Blog: Lloyds deal holds key to recovery
There is, so they say, no such thing as a free lunch. When you want something you pay for it in one way or another writes business editor Thom Kennedy.
There is, so they say, no such thing as a free lunch. When you want something you pay for it in one way or another writes business editor Thom Kennedy.
So when Northern Rock was sold to Virgin Money in a deal which left the taxpayer £400million out of pocket, I for one was willing to let that shortfall slide because of the knock-on effect of having another lender willing to inject capital into the economy.
Now we're facing some familiar territory as the government continues to dispose of the banking assets the nation acquired at the height of the financial crisis in 2008.
The Co-operative Bank's acquisition of more than 600 high street branches has left the government looking a little like it just traded its best cow for a pocket full of magic beans.
The banks' sale was expected to bring in a £1.5billion windfall for the nation, but instead, it has been sold for a down payment of only £350million.
Okay, in time that could eventually bring in £750million, but I don't think I'd be alone in feeling that in a time when the country is reducing its borrowing, maximising income against assets is one of the least painful ways to do that.
The hope, if you'll allow me to draw out the comparison a little further, is that the magic beans will eventually grow into a beanstalk, at the top of which is a goose that lays golden eggs.
Virgin has already committed to doubling its mortgage outlay, and when many high street lenders are more reluctant than ever to hand out money to either individuals or businesses, that comes as a welcome relief.
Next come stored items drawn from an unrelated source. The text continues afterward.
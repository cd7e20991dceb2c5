-- ===== src/Oauth/Expiry.antt =====
-- `decode_state` gives back what `encode_state` made, within the bounds of its age.
use Prim.Native.Nat.{◌/◌}
use Prim.Native.String.{count}
use lehen.Prelude.{
  ℕ, ◌+◌, String, true, false, some, ◌≡◌, refl, ap, ◌∙◌, ltb, ◌==◌, if◌then◌else◌, All, inl, inr,
  Bool-cases,
}
use lehen.Prelude.Dict.{Dict, lookup}
use lehen.Prelude.Effects.{ok, err, oauth_state}
use lehen.Arcade.{Arcade}
use lehen.Hub.{Bytes, Value, text, num, World, Host, second}
use lehen.Crypto.Envelope.{decrypt, key_len, CipherLaws, decrypt-encrypt, nonempty_envelope}
use lehen.Oauth.State.{
  OAuthFlowState, asdict, flow_of, text_field, int_field, and_then, parsed, opened_state,
  encode_state, decode_state, check_age,
}
use lehen.Hub.Values.{is_plain}
use lehen.Oauth.Storage.{JsonLaw, IntLaw}

asdict-plain : (flow : OAuthFlowState) → All (λ kv. is_plain kv.1 ≡ true) (asdict flow)
unfolding asdict
asdict-plain flow = (refl, (refl, (refl, (refl, (refl, (refl, tt))))))

text_field-lookup :
    (host : Host) (k : String) (doc : Dict Value) (s : String)
    → lookup k doc ≡ some (text s)
    → text_field host k doc ≡ some s
text_field-lookup host k doc s e = rw (text_field, e) refl

int_field-lookup :
    (host : Host) (k : String) (doc : Dict Value) (n : ℕ)
    → IntLaw host
    → lookup k doc ≡ some (num n)
    → int_field host k doc ≡ some n
int_field-lookup host k doc n int e = rw (int_field, e) (int n)

flow_of-asdict :
    (host : Host) (doc : Dict Value) (flow : OAuthFlowState)
    → IntLaw host
    → ((k : String) → lookup k doc ≡ lookup k (asdict flow))
    → flow_of host doc ≡ some flow
unfolding flow_of asdict lookup
flow_of-asdict host doc flow int same =
    let user_sub = text_field-lookup host "user_sub" doc flow.user_sub (same "user_sub") in
    let instance_id =
      text_field-lookup host "instance_id" doc flow.instance_id (same "instance_id") in
    let nonce = text_field-lookup host "nonce" doc flow.nonce (same "nonce") in
    let issued_at : int_field host "issued_at" doc ≡ some flow.issued_at =
      int_field-lookup host "issued_at" doc flow.issued_at int (same "issued_at") in
    let code_verifier =
      text_field-lookup host "code_verifier" doc flow.code_verifier (same "code_verifier") in
    let redirect_uri =
      text_field-lookup host "redirect_uri" doc flow.redirect_uri (same "redirect_uri") in
    rw (flow_of, and_then, user_sub, instance_id, nonce, issued_at, code_verifier, redirect_uri)
      refl

module _ (arcade : Arcade) (host : Host) where
  -- int(time.time()) in a state
  abbrev pub seconds : World arcade → ℕ
  seconds w = host.clock w.readings / second

  check_age-lem :
      (max_age : ℕ) (flow : OAuthFlowState) (v : World arcade)
      → (check_age arcade host max_age flow v).0 ≡ (
          if ltb (flow.issued_at + max_age) (seconds v)
          then err oauth_state
          else if ltb (seconds v + 60) flow.issued_at
          then err oauth_state
          else ok flow)
  check_age-lem max_age flow v = elim (Bool-cases (ltb (flow.issued_at + max_age) (seconds v))) [
    | inl old ↦ rw old refl
    | inr young ↦ elim (Bool-cases (ltb (seconds v + 60) flow.issued_at)) [
      | inl early ↦ rw (young, early) refl
      | inr due ↦ rw (young, due) refl
    ]
  ]

  pub decode_state-opened :
      (key : Bytes) (max_age : ℕ) (e : String) (flow : OAuthFlowState) (v : World arcade)
      → (e == "") ≡ false
      → opened_state host (decrypt host e key) ≡ ok flow
      → decode_state arcade host key max_age e v ≡ check_age arcade host max_age flow v
  unfolding decode_state
  decode_state-opened key max_age e flow v full opened = rw (full, opened) refl

  -- Where the packages keep their promises and the key has 32 bytes, `encode_state` returns a
  -- text, from which `decode_state` gives the flow back at any later time, unless it is more than
  -- the greatest age after the time of issue or more than 60 seconds before it; then it raises.
  pub decode_state-encode_state :
      (key : Bytes) (max_age : ℕ) (flow : OAuthFlowState) (w v : World arcade)
      → CipherLaws host
      → JsonLaw host
      → IntLaw host
      → count key ≡ key_len
      → (e : String) × ((encode_state arcade host key flow w).0 ≡ ok e)
        × ((decode_state arcade host key max_age e v).0 ≡ (
            if ltb (flow.issued_at + max_age) (host.clock v.readings / second)
            then err oauth_state
            else if ltb (host.clock v.readings / second + 60) flow.issued_at
            then err oauth_state
            else ok flow))
  unfolding encode_state
  decode_state-encode_state key max_age flow w v laws json int size =
      let (r, read, same) = json (asdict flow) (asdict-plain flow) in
      let (e, made, opens) =
        decrypt-encrypt arcade host laws (host.json_dumps (asdict flow)) key w size in
      let full = nonempty_envelope host key e (host.json_dumps (asdict flow)) laws opens in
      let back : flow_of host r ≡ some flow = flow_of-asdict host r flow int same in
      let opened : opened_state host (decrypt host e key) ≡ ok flow =
        ap (opened_state host) opens ∙ ap (parsed host) read ∙ rw (parsed, back) refl in
      (
        e,
        made,
        ap (λ x. x.0) (decode_state-opened key max_age e flow v full opened)
            ∙ check_age-lem max_age flow v,
      )
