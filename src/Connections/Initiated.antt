-- ===== src/Connections/Initiated.antt =====
-- A state that `initiate_grant` minted is good for its user and its instance only, for ten minutes.
use Prim.Native.Nat.{◌/◌}
use Prim.Native.String.{count, ◌++◌}
use lehen.Prelude.{
  ℕ, ◌+◌, String, Bool, true, false, Option, List, any, not, ◌≡◌, refl, sym, subst, ap, ◌∙◌, ltb,
  ◌==◌, if◌then◌else◌,
}
use lehen.Prelude.Dict.{Dict, merge}
use lehen.Prelude.Effects.{
  ok, err, redirect_uri_not_allowed, oauth_flow_config, oauth_state, pure, lift, raise_if, is_ok,
  OnOk, OnOk-given, OnOk-raise_if, ◌>>=◌, ◌>>◌,
}
use lehen.Arcade.{Arcade}
use lehen.Hub.{Bytes, CurrentUser, IntegrationInstance, World, Hub, Host, second}
use lehen.Crypto.Envelope.{key_len, CipherLaws}
use lehen.Integrations.Adapter.{
  OutlookGraphAdapter, build_adapter_for_instance, auth_endpoint, scopes,
  extra_authorization_params,
}
use lehen.Oauth.State.{
  OAuthFlowState, OAuthAuthorizationRequest, generate_pkce, b64url_no_pad, authorization_params,
  encode_state, decode_state, build_authorization_url, default_state_max_age_seconds,
}
use lehen.Oauth.Storage.{JsonLaw, IntLaw}
use lehen.Oauth.Expiry.{decode_state-encode_state}
use lehen.Oauth.Tokens.{Network}
use lehen.Connections.Flow.{client_id_of, gated_instance, initiate_grant, complete_grant}
use lehen.Connections.FlowFrame.{gated_instance-Keeps}
use lehen.Connections.Completed.{complete_grant_sound}

module _ (arcade : Arcade) (host : Host) (state_key : Bytes) where
  -- The request carries the state of a flow, which was issued at the third reading.
  abbrev pub IsMinted : String → String → String → World arcade → OAuthAuthorizationRequest → Type 0
  IsMinted user_sub instance_id redirect_uri w request =
      (flow : OAuthFlowState) × (t : World arcade) × ((encode_state arcade host state_key flow t).0
        ≡ ok request.state)
      × (flow.user_sub ≡ user_sub)
      × (flow.instance_id ≡ instance_id)
      × (flow.redirect_uri ≡ redirect_uri)
      × (flow.issued_at ≡ host.clock (w.readings + 1 + 1) / second)

  pub build_authorization_url-IsMinted :
      (endpoint client_id redirect_uri : String) (wanted : List String)
      (user_sub instance_id : String) (extra : Dict String) (w : World arcade)
      → OnOk
          (IsMinted user_sub instance_id redirect_uri w)
          (build_authorization_url arcade host endpoint client_id redirect_uri wanted user_sub
            instance_id state_key extra w).0
  unfolding build_authorization_url generate_pkce
  build_authorization_url-IsMinted endpoint client_id redirect_uri wanted user_sub instance_id extra
        w =
      let random = host.token_bytes w.readings 32 in
      let verifier = b64url_no_pad host random in
      let challenge = b64url_no_pad host (host.sha256 (host.utf8_encode verifier)) in
      let flow : OAuthFlowState = record {
        user_sub = user_sub;
        instance_id = instance_id;
        nonce = b64url_no_pad host (host.token_bytes (w.readings + 1) 16);
        issued_at = host.clock (w.readings + 1 + 1) / second;
        code_verifier = verifier;
        redirect_uri = redirect_uri;
      } in
      let t : World arcade = record w { readings = w.readings + 1 + 1 + 1 } in
      let finish : String → Hub arcade OAuthAuthorizationRequest = λ state. pure (record {
        auth_url =
            endpoint
            ++ "?"
            ++ host.urlencode
                (merge (authorization_params client_id redirect_uri wanted state challenge) extra);
        state = state;
      }) in
      OnOk-given (IsMinted user_sub instance_id redirect_uri w)
        (encode_state arcade host state_key flow) finish t
        (λ state made. (flow, t, made, refl, refl, refl, refl))

  module _ (network : Network) (days : ℕ) (master_key : Bytes) (allowed : List String)
      (user : CurrentUser) (instance_id redirect_uri : String) where
    pub initiate_grant-IsMinted :
        (w : World arcade)
        → OnOk
            (IsMinted user.sub instance_id redirect_uri w)
            (initiate_grant arcade host network days master_key state_key allowed user instance_id
              redirect_uri w).0
    unfolding initiate_grant
    initiate_grant-IsMinted w =
        let P = IsMinted user.sub instance_id redirect_uri w in
        let gate = gated_instance arcade host network days master_key state_key user instance_id in
        let build : IntegrationInstance
            → OutlookGraphAdapter
            → Hub arcade OAuthAuthorizationRequest =
          λ row adapter.
            build_authorization_url arcade host (auth_endpoint adapter) (client_id_of host row)
              redirect_uri scopes user.sub instance_id state_key extra_authorization_params in
        let adapted : IntegrationInstance
            → OutlookGraphAdapter
            → Hub arcade OAuthAuthorizationRequest =
          λ row adapter.
            raise_if (client_id_of host row == "") oauth_flow_config >> build row adapter in
        let unlisted = not (any (λ uri. uri == redirect_uri) allowed) in
        let listed : IntegrationInstance → Hub arcade OAuthAuthorizationRequest =
          λ row. lift (build_adapter_for_instance host row) >>= adapted row in
        let same : (gate w).1 ≡ w =
          gated_instance-Keeps arcade host network days master_key state_key (λ v. v) user
            instance_id w in
        OnOk-given P gate (λ row. raise_if unlisted redirect_uri_not_allowed >> listed row) w
          (λ row passed.
            subst (λ v. OnOk P ((raise_if unlisted redirect_uri_not_allowed >> listed row) v).0)
              (sym same)
              (OnOk-raise_if P unlisted redirect_uri_not_allowed (listed row) w (λ _.
                OnOk-given P (lift (build_adapter_for_instance host row)) (adapted row) w
                  (λ adapter _.
                    OnOk-raise_if P (client_id_of host row == "") oauth_flow_config
                      (build row adapter) w
                      (λ _.
                        build_authorization_url-IsMinted (auth_endpoint adapter)
                          (client_id_of host row) redirect_uri scopes user.sub instance_id
                          extra_authorization_params w)))))

-- What the tests of the age let through.
within_age :
    (old early : Bool) (flow got : OAuthFlowState)
    → ok got ≡ (if old then err oauth_state else if early then err oauth_state else ok flow)
    → (got ≡ flow) × (old ≡ false) × (early ≡ false)
within_age true early flow got e = absurd (cc e)
within_age false true flow got e = absurd (cc e)
within_age false false flow got e = (cc e, refl, refl)

module _ (arcade : Arcade) (host : Host) (network : Network) (days : ℕ)
    (master_key state_key : Bytes) (allowed : List String) (user other : CurrentUser)
    (instance_id path : String) (redirect_uri code : String) (request_id : Option String)
    (w v : World arcade) where
  -- Where the packages keep their promises and the state key has 32 bytes, a grant that is
  -- completed with the state that an initiated one returned is by the user who initiated it and
  -- for the same instance, no more than 600 seconds after the state was issued, and no more than
  -- 60 seconds before.
  pub initiated_binds :
      CipherLaws host
      → JsonLaw host
      → IntLaw host
      → count state_key ≡ key_len
      → (request : OAuthAuthorizationRequest)
      → (initiate_grant arcade host network days master_key state_key allowed user instance_id
          redirect_uri w).0
        ≡ ok request
      → is_ok
          (complete_grant arcade host network days master_key state_key other path code
            request.state request_id v).0
        ≡ true
      → (other.sub ≡ user.sub)
        × (path ≡ instance_id)
        × (ltb (host.clock (w.readings + 1 + 1) / second + 600) (host.clock v.readings / second)
            ≡ false)
        × (ltb (host.clock v.readings / second + 60) (host.clock (w.readings + 1 + 1) / second)
            ≡ false)
  initiated_binds laws json int size request initiated completes =
      let (flow, t, made, same_user, same_instance, _, issued) =
        subst (OnOk (IsMinted arcade host state_key user.sub instance_id redirect_uri w)) initiated
          (initiate_grant-IsMinted arcade host state_key network days master_key allowed user
            instance_id redirect_uri w) in
      let (e, encoded, decoded) =
        decode_state-encode_state arcade host state_key default_state_max_age_seconds flow t v laws
          json int size in
      let (got, _, _, read, own, on_path, _, _, _, _, _, _, _, _) =
        complete_grant_sound arcade host network days master_key state_key other path code
          request.state request_id v completes in
      let state : ok e ≡ ok request.state = sym encoded ∙ made in
      let read_e : (decode_state arcade host state_key default_state_max_age_seconds e v).0
          ≡ ok got =
        subst
          (λ s. (decode_state arcade host state_key default_state_max_age_seconds s v).0 ≡ ok got)
          (sym (cc state)) read in
      let (same, young, due) =
        within_age (ltb (flow.issued_at + 600) (host.clock v.readings / second))
          (ltb (host.clock v.readings / second + 60) flow.issued_at) flow got
          (sym read_e ∙ decoded) in
      (
        sym own ∙ ap (λ f. f.user_sub) same ∙ same_user,
        sym on_path ∙ ap (λ f. f.instance_id) same ∙ same_instance,
        subst (λ n. ltb (n + 600) (host.clock v.readings / second) ≡ false) issued young,
        subst (λ n. ltb (host.clock v.readings / second + 60) n ≡ false) issued due,
      )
The Co-op's bank has a reputation for being one of the most customer friendly on the market - no surprise given its genesis as a customer driven entity in Rochdale in the late 19th century. If it can spread that ethos across a business which will account for an impressive 10 per cent of high street banking, then the consumer is onto a winner.
If lending for businesses and individuals increases, more money circulates in the economy, and the country can finally pull its feet from this treacly bog of a recession through which we are endeavouring to wade.
Much as we have probably been sold short on the price we have been paid for this huge swathe of assets from across Britain's high streets, it's almost nice to see the government take a gamble to get money injected into the economy.
It was important to get so many high street banks into the hands of an enthusiastic lender, even if it came at a cost of immediate capital.
But one has to wonder why the government thinks it right to dispose of an asset when it is not maximising its value, but is not willing to toss the dice when it sees the rest of the country struggling so badly.
If the £750million the treasury has missed out on is considered to be a small hit to help the rest of the economy get moving, surely it's time to increase the central authority's own spending. That deficit won't come down on cuts alone, only by generating wealth across the country, and that's going to require investment.
Today's news shows that there is room for manoeuvre if it is for the good of the economy as a whole.
Let us hope it is a lesson that is heard in the corridors of power.